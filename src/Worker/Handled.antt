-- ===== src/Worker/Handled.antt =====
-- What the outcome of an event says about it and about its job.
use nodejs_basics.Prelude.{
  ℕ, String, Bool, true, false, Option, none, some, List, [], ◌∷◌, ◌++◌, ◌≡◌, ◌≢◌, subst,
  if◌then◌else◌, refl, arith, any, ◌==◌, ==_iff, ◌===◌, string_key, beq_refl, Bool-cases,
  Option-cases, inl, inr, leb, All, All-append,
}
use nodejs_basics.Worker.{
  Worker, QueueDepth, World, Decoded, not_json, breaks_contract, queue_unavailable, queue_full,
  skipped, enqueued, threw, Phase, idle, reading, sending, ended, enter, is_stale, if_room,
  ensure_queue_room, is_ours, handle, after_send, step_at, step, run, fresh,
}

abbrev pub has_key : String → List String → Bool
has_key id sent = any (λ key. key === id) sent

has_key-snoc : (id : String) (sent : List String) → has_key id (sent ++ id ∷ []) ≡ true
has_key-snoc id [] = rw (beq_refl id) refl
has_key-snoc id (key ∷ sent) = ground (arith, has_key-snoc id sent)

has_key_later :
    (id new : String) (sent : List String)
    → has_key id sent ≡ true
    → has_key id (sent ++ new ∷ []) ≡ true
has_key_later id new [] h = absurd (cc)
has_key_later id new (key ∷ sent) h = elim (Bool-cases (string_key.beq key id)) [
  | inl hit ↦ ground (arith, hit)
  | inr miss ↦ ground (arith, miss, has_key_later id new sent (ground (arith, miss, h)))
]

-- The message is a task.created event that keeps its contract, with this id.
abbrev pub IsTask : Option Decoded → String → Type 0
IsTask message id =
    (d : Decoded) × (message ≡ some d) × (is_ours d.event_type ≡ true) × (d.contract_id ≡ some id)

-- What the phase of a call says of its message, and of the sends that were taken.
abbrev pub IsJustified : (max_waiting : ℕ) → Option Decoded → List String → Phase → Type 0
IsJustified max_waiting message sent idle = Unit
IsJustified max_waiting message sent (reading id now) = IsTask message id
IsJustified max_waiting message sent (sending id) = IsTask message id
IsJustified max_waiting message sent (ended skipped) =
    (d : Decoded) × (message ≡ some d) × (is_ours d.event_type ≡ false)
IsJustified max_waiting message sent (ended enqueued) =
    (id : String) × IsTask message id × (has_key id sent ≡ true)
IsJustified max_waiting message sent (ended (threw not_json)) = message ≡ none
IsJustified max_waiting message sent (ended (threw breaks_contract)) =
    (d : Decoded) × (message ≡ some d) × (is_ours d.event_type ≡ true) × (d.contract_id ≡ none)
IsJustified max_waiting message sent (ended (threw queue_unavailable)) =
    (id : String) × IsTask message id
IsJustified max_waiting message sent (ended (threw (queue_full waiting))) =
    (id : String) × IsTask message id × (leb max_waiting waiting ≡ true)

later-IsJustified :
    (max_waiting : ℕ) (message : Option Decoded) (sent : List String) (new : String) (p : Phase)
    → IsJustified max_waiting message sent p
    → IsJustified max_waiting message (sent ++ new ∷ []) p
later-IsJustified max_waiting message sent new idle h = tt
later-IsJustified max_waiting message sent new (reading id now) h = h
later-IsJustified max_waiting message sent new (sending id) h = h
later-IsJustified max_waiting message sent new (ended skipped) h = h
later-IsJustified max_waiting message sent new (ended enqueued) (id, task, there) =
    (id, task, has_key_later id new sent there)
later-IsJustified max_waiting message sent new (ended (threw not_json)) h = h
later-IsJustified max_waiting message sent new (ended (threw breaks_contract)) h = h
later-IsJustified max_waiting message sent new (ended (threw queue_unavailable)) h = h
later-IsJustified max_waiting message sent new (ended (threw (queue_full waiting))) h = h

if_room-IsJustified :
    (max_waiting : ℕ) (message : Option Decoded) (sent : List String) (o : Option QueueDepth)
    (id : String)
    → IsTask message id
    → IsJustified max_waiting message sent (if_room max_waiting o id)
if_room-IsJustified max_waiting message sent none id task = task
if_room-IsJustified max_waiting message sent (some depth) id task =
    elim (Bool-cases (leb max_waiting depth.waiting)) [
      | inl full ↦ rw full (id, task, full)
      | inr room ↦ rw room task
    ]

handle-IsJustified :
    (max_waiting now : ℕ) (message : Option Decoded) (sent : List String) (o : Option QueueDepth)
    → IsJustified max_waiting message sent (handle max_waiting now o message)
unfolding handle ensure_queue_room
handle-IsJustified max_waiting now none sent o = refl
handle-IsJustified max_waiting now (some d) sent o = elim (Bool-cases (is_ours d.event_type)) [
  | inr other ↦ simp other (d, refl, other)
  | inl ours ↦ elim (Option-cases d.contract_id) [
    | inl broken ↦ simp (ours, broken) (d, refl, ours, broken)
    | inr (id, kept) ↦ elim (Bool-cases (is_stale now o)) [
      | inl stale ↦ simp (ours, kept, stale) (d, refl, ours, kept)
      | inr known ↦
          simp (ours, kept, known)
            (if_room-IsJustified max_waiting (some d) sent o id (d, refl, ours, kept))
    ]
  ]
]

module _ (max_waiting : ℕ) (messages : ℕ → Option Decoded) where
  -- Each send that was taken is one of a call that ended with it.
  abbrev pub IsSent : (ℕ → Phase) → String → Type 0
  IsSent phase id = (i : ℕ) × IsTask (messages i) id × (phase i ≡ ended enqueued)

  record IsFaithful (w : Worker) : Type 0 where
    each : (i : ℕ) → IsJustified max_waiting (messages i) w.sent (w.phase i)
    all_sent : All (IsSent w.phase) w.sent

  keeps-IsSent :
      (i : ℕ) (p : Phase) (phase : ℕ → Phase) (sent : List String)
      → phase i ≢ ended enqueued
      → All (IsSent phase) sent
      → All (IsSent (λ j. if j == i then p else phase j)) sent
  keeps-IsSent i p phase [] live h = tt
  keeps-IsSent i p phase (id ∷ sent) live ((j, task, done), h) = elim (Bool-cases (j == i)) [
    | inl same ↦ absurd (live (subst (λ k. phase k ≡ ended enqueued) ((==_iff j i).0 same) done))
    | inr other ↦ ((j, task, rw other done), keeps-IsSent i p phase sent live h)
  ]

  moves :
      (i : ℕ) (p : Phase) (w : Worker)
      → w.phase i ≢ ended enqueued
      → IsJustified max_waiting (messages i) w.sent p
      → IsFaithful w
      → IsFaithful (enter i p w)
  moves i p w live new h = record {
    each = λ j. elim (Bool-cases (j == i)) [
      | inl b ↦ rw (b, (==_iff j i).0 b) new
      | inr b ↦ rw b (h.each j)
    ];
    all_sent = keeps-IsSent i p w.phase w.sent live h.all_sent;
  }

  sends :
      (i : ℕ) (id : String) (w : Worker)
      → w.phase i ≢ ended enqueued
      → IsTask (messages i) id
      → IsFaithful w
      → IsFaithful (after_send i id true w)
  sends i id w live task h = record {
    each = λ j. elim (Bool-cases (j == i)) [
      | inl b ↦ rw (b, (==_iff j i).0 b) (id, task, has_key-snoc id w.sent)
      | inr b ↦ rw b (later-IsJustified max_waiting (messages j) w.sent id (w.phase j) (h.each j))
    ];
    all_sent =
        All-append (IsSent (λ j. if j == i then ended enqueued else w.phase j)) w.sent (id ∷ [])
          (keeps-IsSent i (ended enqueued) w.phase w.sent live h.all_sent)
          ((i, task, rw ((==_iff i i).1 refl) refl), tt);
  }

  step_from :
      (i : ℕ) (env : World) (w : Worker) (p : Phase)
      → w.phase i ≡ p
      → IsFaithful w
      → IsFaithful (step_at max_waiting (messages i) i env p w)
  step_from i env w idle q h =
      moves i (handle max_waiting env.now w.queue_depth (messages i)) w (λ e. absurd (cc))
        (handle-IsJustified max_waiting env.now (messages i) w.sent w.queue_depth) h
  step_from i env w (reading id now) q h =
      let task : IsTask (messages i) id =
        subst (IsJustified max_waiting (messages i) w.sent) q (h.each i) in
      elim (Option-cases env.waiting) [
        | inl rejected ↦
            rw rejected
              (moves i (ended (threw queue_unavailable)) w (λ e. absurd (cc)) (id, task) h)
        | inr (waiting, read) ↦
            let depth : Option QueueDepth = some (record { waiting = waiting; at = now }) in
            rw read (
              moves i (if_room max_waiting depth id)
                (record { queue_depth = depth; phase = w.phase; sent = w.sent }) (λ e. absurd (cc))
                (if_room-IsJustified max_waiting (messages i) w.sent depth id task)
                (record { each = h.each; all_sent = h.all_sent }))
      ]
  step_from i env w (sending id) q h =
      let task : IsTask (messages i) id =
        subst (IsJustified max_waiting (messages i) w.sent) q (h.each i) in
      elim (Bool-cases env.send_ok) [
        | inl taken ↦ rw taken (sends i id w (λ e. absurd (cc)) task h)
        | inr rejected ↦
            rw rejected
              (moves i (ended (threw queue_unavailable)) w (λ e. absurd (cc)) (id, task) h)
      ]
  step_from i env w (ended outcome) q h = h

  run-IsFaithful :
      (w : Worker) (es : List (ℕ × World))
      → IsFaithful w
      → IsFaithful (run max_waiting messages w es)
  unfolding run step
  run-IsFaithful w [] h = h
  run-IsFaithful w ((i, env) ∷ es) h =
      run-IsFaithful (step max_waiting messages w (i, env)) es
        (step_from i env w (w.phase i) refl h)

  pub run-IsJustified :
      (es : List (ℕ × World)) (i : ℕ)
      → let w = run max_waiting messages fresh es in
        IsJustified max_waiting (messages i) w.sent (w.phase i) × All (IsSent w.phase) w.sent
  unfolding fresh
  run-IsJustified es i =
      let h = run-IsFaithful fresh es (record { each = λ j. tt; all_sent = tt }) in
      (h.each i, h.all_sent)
━━━━━━
- _Your objective_: Search the listing above for the word "with", and copy every line that has it.

- _Written answer_:
-- The message is a task.created event that keeps its contract, with this id.
  -- Each send that was taken is one of a call that ended with it.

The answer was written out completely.